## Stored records
-- ===== src/Schema/Lookup.antt =====
-- Looking up the configurations of a schema: `insert` and the loop of `try_from_schema`.
use cqwu_achievement_system.Prelude.{
  String, Bool, true, false, Option, none, some, List, [], ◌∷◌, str_eq, eq_iff, if◌then◌else◌, ◌≡◌,
  refl, sym, ap, subst, Bool-cases, inl, inr, arith, ◌∙◌, arith,
}
use cqwu_achievement_system.Json.{
  Value, Members, no_members, add_member, member_of, has_member, distinct, absorbed, str_eq_trans,
  get_field, as_object,
}
use cqwu_achievement_system.Schema.{
  SchemaFileFieldConfig, SchemaFileFieldConfigs, field_of, insert_config, insert_if_file,
  collect_configs, contains, try_from_field_def, and_then, required_fields, try_from_schema,
  configs_of_properties, none_if_empty,
}

apart : {b : Bool} → b ≡ false → b ≡ true → ⊥
apart h k = ground arith

pub field_of-insert_config :
    (g field : String) (c : SchemaFileFieldConfig) (cs : SchemaFileFieldConfigs)
    → field_of g (insert_config field c cs) ≡ (if str_eq field g then some c else field_of g cs)
unfolding field_of insert_config
field_of-insert_config g field c [] = refl
field_of-insert_config g field c (p ∷ ps) = elim (Bool-cases (str_eq p.0 field)) [
  | inl e ↦ rw e (
      subst
        (λ t.
          (if str_eq t g then some c else field_of g ps)
          ≡ (if str_eq field g then some c else if str_eq t g then some p.1 else field_of g ps))
        (sym ((eq_iff p.0 field).0 e))
        (absorbed (str_eq field g) (some c) (some p.1) (field_of g ps)))
  | inr e ↦ rw e (elim (Bool-cases (str_eq p.0 g)) [
    | inl k ↦ rw k (elim (Bool-cases (str_eq field g)) [
      | inl l ↦ absurd (apart e (str_eq_trans p.0 g field k l))
      | inr l ↦ rw l refl
    ])
    | inr k ↦ rw k (field_of-insert_config g field c ps)
  ])
]

abbrev pub or_default :
    Option SchemaFileFieldConfig → Option SchemaFileFieldConfig → Option SchemaFileFieldConfig
or_default none d = d
or_default (some c) d = some c

-- The configuration that a property of the name `g` has, or else `d`.
abbrev pub found :
    List String
    → String
    → Option Value
    → Option SchemaFileFieldConfig
    → Option SchemaFileFieldConfig
found required g none d = d
found required g (some v) d = or_default (try_from_field_def v (contains required g)) d

member_of-missing : (g : String) (ms : Members) → has_member g ms ≡ false → member_of g ms ≡ none
unfolding member_of
member_of-missing g no_members h = refl
member_of-missing g (add_member name v ms) h = elim (Bool-cases (str_eq name g)) [
  | inl e ↦ absurd (apart h (rw e refl))
  | inr e ↦ rw e (member_of-missing g ms (rest (str_eq name g) e h))
]
  where
    rest :
        (b : Bool)
        → b ≡ false
        → (if b then true else has_member g ms) ≡ false
        → has_member g ms ≡ false
    rest b e h = ground arith

field_of-insert_if_file :
    (g name : String) (o : Option SchemaFileFieldConfig) (acc : SchemaFileFieldConfigs)
    → field_of g (insert_if_file name o acc)
      ≡ (if str_eq name g then or_default o (field_of g acc) else field_of g acc)
unfolding insert_if_file
field_of-insert_if_file g name none acc = elim (Bool-cases (str_eq name g)) [
  | inl e ↦ rw e refl
  | inr e ↦ rw e refl
]
field_of-insert_if_file g name (some c) acc = field_of-insert_config g name c acc

head-distinct : (b d : Bool) → (if b then false else d) ≡ true → (b ≡ false) × (d ≡ true)
head-distinct b d h = (ground arith, ground arith)

pub field_of-collect_configs :
    (required : List String) (g : String) (ms : Members) (acc : SchemaFileFieldConfigs)
    → distinct ms ≡ true
    → field_of g (collect_configs required ms acc)
      ≡ found required g (member_of g ms) (field_of g acc)
unfolding collect_configs member_of
field_of-collect_configs required g no_members acc h = refl
field_of-collect_configs required g (add_member name v ms) acc h =
    field_of-collect_configs required g ms _ (head-distinct (has_member name ms) (distinct ms) h).1
    ∙ rw (field_of-insert_if_file g name (try_from_field_def v (contains required name)) acc)
        (elim (Bool-cases (str_eq name g)) [
          | inl e ↦
              rw (e, gone ((eq_iff name g).0 e))
                (ap (λ t. or_default (try_from_field_def v (contains required t)) (field_of g acc))
                  ((eq_iff name g).0 e))
          | inr e ↦ rw e refl
        ])
  where
    gone : name ≡ g → member_of g ms ≡ none
    gone e = member_of-missing g ms (
        subst (λ t. has_member t ms ≡ false) e
          (head-distinct (has_member name ms) (distinct ms) h).0)

-- The configuration of a field in those of a schema.
abbrev pub config_of : String → Option SchemaFileFieldConfigs → Option SchemaFileFieldConfig
config_of g none = none
config_of g (some cs) = field_of g cs

abbrev pub properties : Value → Option Members
properties schema = and_then (get_field "properties" schema) as_object

abbrev pub distinct_properties : Option Members → Bool
distinct_properties none = true
distinct_properties (some ms) = distinct ms

config_of-none_if_empty :
    (g : String) (cs : SchemaFileFieldConfigs) → config_of g (none_if_empty cs) ≡ field_of g cs
unfolding field_of
config_of-none_if_empty g [] = refl
config_of-none_if_empty g (c ∷ cs) = refl

field_of-configs :
    (required : List String) (g : String) (o : Option Members)
    → distinct_properties o ≡ true
    → field_of g (configs_of_properties required o)
      ≡ found required g (and_then o (member_of g)) none
unfolding field_of
field_of-configs required g none h = refl
field_of-configs required g (some ms) h = field_of-collect_configs required g ms [] h

-- The configuration of a field is read off the property of its name.
pub config_of-try_from_schema :
    (schema : Value) (g : String)
    → distinct_properties (properties schema) ≡ true
    → config_of g (try_from_schema schema)
      ≡ found (required_fields schema) g (and_then (properties schema) (member_of g)) none
unfolding try_from_schema
config_of-try_from_schema schema g h =
    config_of-none_if_empty g (configs_of_properties (required_fields schema) (properties schema))
    ∙ field_of-configs (required_fields schema) g (properties schema) h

## Problem to work on
With the first line being the one containing "k (elim (Bool-cases" and the last line the one containing "-- The configuration that", transcribe exactly the lines above that fall in that range.

## Answer for this exercise
    | inl k ↦ rw k (elim (Bool-cases (str_eq field g)) [
      | inl l ↦ absurd (apart e (str_eq_trans p.0 g field k l))
      | inr l ↦ rw l refl
    ])
    | inr k ↦ rw k (field_of-insert_config g field c ps)
  ])
]

abbrev pub or_default :
    Option SchemaFileFieldConfig → Option SchemaFileFieldConfig → Option SchemaFileFieldConfig
or_default none d = d
or_default (some c) d = some c

-- The configuration that a property of the name `g` has, or else `d`.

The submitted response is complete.